Start of Data in this exercise
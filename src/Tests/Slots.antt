-- ===== src/Tests/Slots.antt =====
-- internal/core/reassembly: the thirty bytes that Tests.Packets cuts, in an empty reassembler of two slots.
use wg_frag_go.Common.{
  ℕ, zero, suc, ◌+◌, ◌<◌, ◌≡◌, ◌∙◌, refl, sym, ap, subst, inl, inr, false, [], ◌∷◌, none, some, ok,
  arith, replicate, leb, length-replicate, get_elem?, Bool, true, Option, Result, err,
}
use wg_frag_go.Carrier.Record.{Record}
use wg_frag_go.Fragment.Split.{split-Cut}
use wg_frag_go.Reassembly.{
  Key, Config, Reassembler, blank, new, fresh_slots, key_index_size, double_until, ReassemblyError,
  coverage,
}
use wg_frag_go.Reassembly.Index.{
  slot_at, find_key, find_loop, hash_key, key_position, is_free, insert_key, insert_loop,
  remove_key, remove_loop, delete_key_position, backshift,
}
use wg_frag_go.Reassembly.Slots.{
  expired, allocate_slot, take_free_slot, start_slot, clear_slot, uncount, evict, replace_slot,
  oldest_assembling, oldest_loop,
}
use wg_frag_go.Reassembly.Accept.{
  accept, validate_key, all_present, Outcome, accept_valid, validate_record, new_slot, add_fragment,
  overlap_from, fill, finish, contiguous_length, contiguous_from, starting_at, conflict,
}
use wg_frag_go.Reassembly.Pieces.{IsCut}
use wg_frag_go.Reassembly.Serve.{Serves, IsPieceFor, Takes, whole}
use wg_frag_go.Reassembly.Arrival.{accept-Takes}
use wg_frag_go.Reassembly.Reassemble.{accept_all, Arrivals, Arrives, Reassembles, packets}
use wg_frag_go.Reassembly.FromSplit.{
  start_of, IsOneOf, AllFrom, KeyOf, split-IsCut, fragment-IsPieceFor, split-Reassembles,
}
use wg_frag_go.Reassembly.Start.{HasRoom, ready, ready-Serves, at_ready, given, none_present}
use wg_frag_go.Reassembly.Transfer.{Transfers, split-Transfers}
use wg_frag_go.Tests.Packets.{packet, metadata, options, cut, split-packet}

abbrev key : Key
key = record { peer_id = 1; data_session_id = 5; lane_id = 2; lane_sequence = 77 }

abbrev config : Config
config = record {
  slots = 2;
  max_packet_size = 64;
  max_peers = 2;
  per_peer_slots = 2;
  lifetime = 1000;
}

abbrev empty : Reassembler
empty = record {
  config = config;
  slots = blank (replicate 64 0) (some 1) ∷ blank (replicate 64 0) none ∷ [];
  peer_counts = 0 ∷ 0 ∷ [];
  key_slots = 0 ∷ 0 ∷ 0 ∷ 0 ∷ [];
  free_head = some 0;
  next_born = 0;
}

new-empty : new config ≡ ok empty
unfolding new fresh_slots key_index_size double_until
new-empty = refl

hash_pos : key_position empty key ≡ 0
unfolding key_position hash_key
hash_pos = refl

-- There is room for the thirty bytes.
empty-HasRoom : HasRoom 30 key 0 empty
unfolding find_key find_loop key_position hash_key validate_key
empty-HasRoom = record {
  index_lt = omega arith;
  unknown = refl;
  key_ok = refl;
  in_quota = omega arith;
  head_eq = refl;
  state_eq = refl;
  room = omega (arith, length-replicate {A = ℕ} 64 0);
  size_le = omega arith;
  lives = omega arith;
  hole = (3, omega arith, refl);
}

key-KeyOf : KeyOf metadata key
key-KeyOf = (refl, refl, refl)

abbrev no_record : Record
no_record = record {
  header = record {
    fragment_index = 0;
    fragment_count = 0;
    lane_id = 0;
    data_session_id = 0;
    lane_sequence = 0;
    offset = 0;
  };
  content = [];
}

abbrev piece : ℕ → Record
piece n = elim (get_elem? cut.fragments n) [ some f ↦ f | none ↦ no_record ]

-- The third fragment arrives first, and again after the first one.
abbrev events : Arrivals
events = (200, piece 0) ∷ (250, piece 2) ∷ (300, piece 1) ∷ []

one_of : (n : ℕ) → n < 3 → IsOneOf cut.fragments (piece n)
one_of zero h = (0, h, refl)
one_of (suc zero) h = (1, h, refl)
one_of (suc (suc zero)) h = (2, h, refl)
one_of (suc (suc (suc n))) h = absurd (omega arith)

all_from : AllFrom cut.fragments 1100 events
all_from = (
  omega arith,
  one_of 0 (omega arith),
  (omega arith, one_of 2 (omega arith), (omega arith, one_of 1 (omega arith), tt)),
)

all_arrive : (j : ℕ) → j < 3 → Arrives j ((100, piece 2) ∷ events)
all_arrive zero h = inr (inl refl)
all_arrive (suc zero) h = inr (inr (inr (inl refl)))
all_arrive (suc (suc zero)) h = inl refl
all_arrive (suc (suc (suc n))) h = absurd (omega arith)

split-Transfers_example :
    Transfers
      (record { handle = record { index = 0; generation = 1 }; key = key; content = packet })
      (accept_all empty key ((100, piece 2) ∷ events))
split-Transfers_example =
    split-Transfers packet metadata options 16 cut key 0 empty 100 (piece 2) events split-packet
      key-KeyOf empty-HasRoom (one_of 2 (omega arith)) all_from all_arrive

pieces : IsCut packet 3 (start_of cut.fragments)
pieces = split-IsCut packet metadata options 16 cut split-packet (omega arith)

-- The reassembler with a slot for the packet.
abbrev waiting : Reassembler
waiting = ready empty 100 key 0 3 30 empty-HasRoom

waiting-Serves : Serves packet 3 (start_of cut.fragments) key 0 waiting
waiting-Serves =
    ready-Serves empty 100 key 0 3 30 empty-HasRoom packet (start_of cut.fragments) pieces
      (omega arith)

piece-IsPieceFor : (n : ℕ) → n < 3 → IsPieceFor packet 3 (start_of cut.fragments) key (piece n)
piece-IsPieceFor n h =
    fragment-IsPieceFor packet metadata 16 cut.fragments
      (split-Cut packet metadata options 16 cut split-packet).covers key key-KeyOf (piece n)
      (one_of n h)

at_waiting : slot_at waiting 0 ≡ given empty 100 key 0 3 30 empty-HasRoom
at_waiting = at_ready empty 100 key 0 3 30 empty-HasRoom

waiting_fresh : expired waiting (slot_at waiting 0) 300 ≡ false
unfolding expired
waiting_fresh = ap (λ s. leb (s.first_seen + 1000) 300) at_waiting

accept-Takes_example :
    Takes packet 3
      (start_of cut.fragments)
      key
      0
      waiting
      (piece 1)
      (accept waiting 300 key (piece 1))
accept-Takes_example =
    accept-Takes packet 3 (start_of cut.fragments) pieces key 0 waiting waiting-Serves (piece 1)
      (piece-IsPieceFor 1 (omega arith)) 300 waiting_fresh

split-Reassembles_example :
    (out : Reassembles packet 3
      (start_of cut.fragments)
      key
      0
      waiting
      ((100, piece 2) ∷ events)
      (accept_all waiting key ((100, piece 2) ∷ events)))
    × (packets out.results ≡ whole 0 (slot_at waiting 0) packet ∷ [])
split-Reassembles_example =
    split-Reassembles packet metadata options 16 cut key 0 waiting ((100, piece 2) ∷ events)
      split-packet key-KeyOf waiting-Serves
      (ap (λ s. all_present 3 s.present) at_waiting ∙ none_present 3 (omega arith))
      (subst (λ s. AllFrom cut.fragments (s.first_seen + 1000) ((100, piece 2) ∷ events))
        (sym at_waiting) (omega arith, one_of 2 (omega arith), all_from))
      (λ j l. inr (all_arrive j l))

-- One slot, which the first packet takes. A record of another packet, a single fragment that does not start
-- at offset 0, evicts it; the call fails, and nothing is left of either packet.
abbrev narrow : Reassembler
narrow = record {
  config = record {
    slots = 1;
    max_packet_size = 64;
    max_peers = 2;
    per_peer_slots = 1;
    lifetime = 1000;
  };
  slots = blank (replicate 64 0) none ∷ [];
  peer_counts = 0 ∷ 0 ∷ [];
  key_slots = 0 ∷ 0 ∷ [];
  free_head = some 0;
  next_born = 0;
}

abbrev lone : Record
lone = record {
  header = record {
    fragment_index = 0;
    fragment_count = 1;
    lane_id = 2;
    data_session_id = 5;
    lane_sequence = 78;
    offset = 5;
  };
  content = 9 ∷ [];
}

abbrev other_key : Key
other_key = record { peer_id = 1; data_session_id = 5; lane_id = 2; lane_sequence = 78 }

-- The result of the second call, and whether the slot is free.
abbrev both : Option (Result ReassemblyError Outcome × Bool)
both = elim (accept narrow 100 key (piece 2)) [
  | err f ↦ none
  | ok (r1, first) ↦ elim (accept r1 200 other_key lone) [
    | err f ↦ none
    | ok (r2, second) ↦ some (second, is_free (slot_at r2 0).state)
  ]
]

loses_eviction : both ≡ some (err coverage, true)
unfolding accept accept_valid validate_key validate_record find_key find_loop key_position hash_key
    new_slot allocate_slot take_free_slot start_slot insert_key insert_loop add_fragment
    overlap_from fill finish all_present contiguous_length contiguous_from starting_at conflict
    clear_slot uncount remove_key remove_loop delete_key_position backshift evict replace_slot
    oldest_assembling oldest_loop
loses_eviction = refl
End of Data in this exercise
Work to complete
Above are the records; repeat exactly the lines from the one holding "(piece-IsPieceFor 1 (omega" down to the one holding "(λ j l. inr (all_arrive j l))", end lines included.

Problem solution
      (piece-IsPieceFor 1 (omega arith)) 300 waiting_fresh

split-Reassembles_example :
    (out : Reassembles packet 3
      (start_of cut.fragments)
      key
      0
      waiting
      ((100, piece 2) ∷ events)
      (accept_all waiting key ((100, piece 2) ∷ events)))
    × (packets out.results ≡ whole 0 (slot_at waiting 0) packet ∷ [])
split-Reassembles_example =
    split-Reassembles packet metadata options 16 cut key 0 waiting ((100, piece 2) ∷ events)
      split-packet key-KeyOf waiting-Serves
      (ap (λ s. all_present 3 s.present) at_waiting ∙ none_present 3 (omega arith))
      (subst (λ s. AllFrom cut.fragments (s.first_seen + 1000) ((100, piece 2) ∷ events))
        (sym at_waiting) (omega arith, one_of 2 (omega arith), all_from))
      (λ j l. inr (all_arrive j l))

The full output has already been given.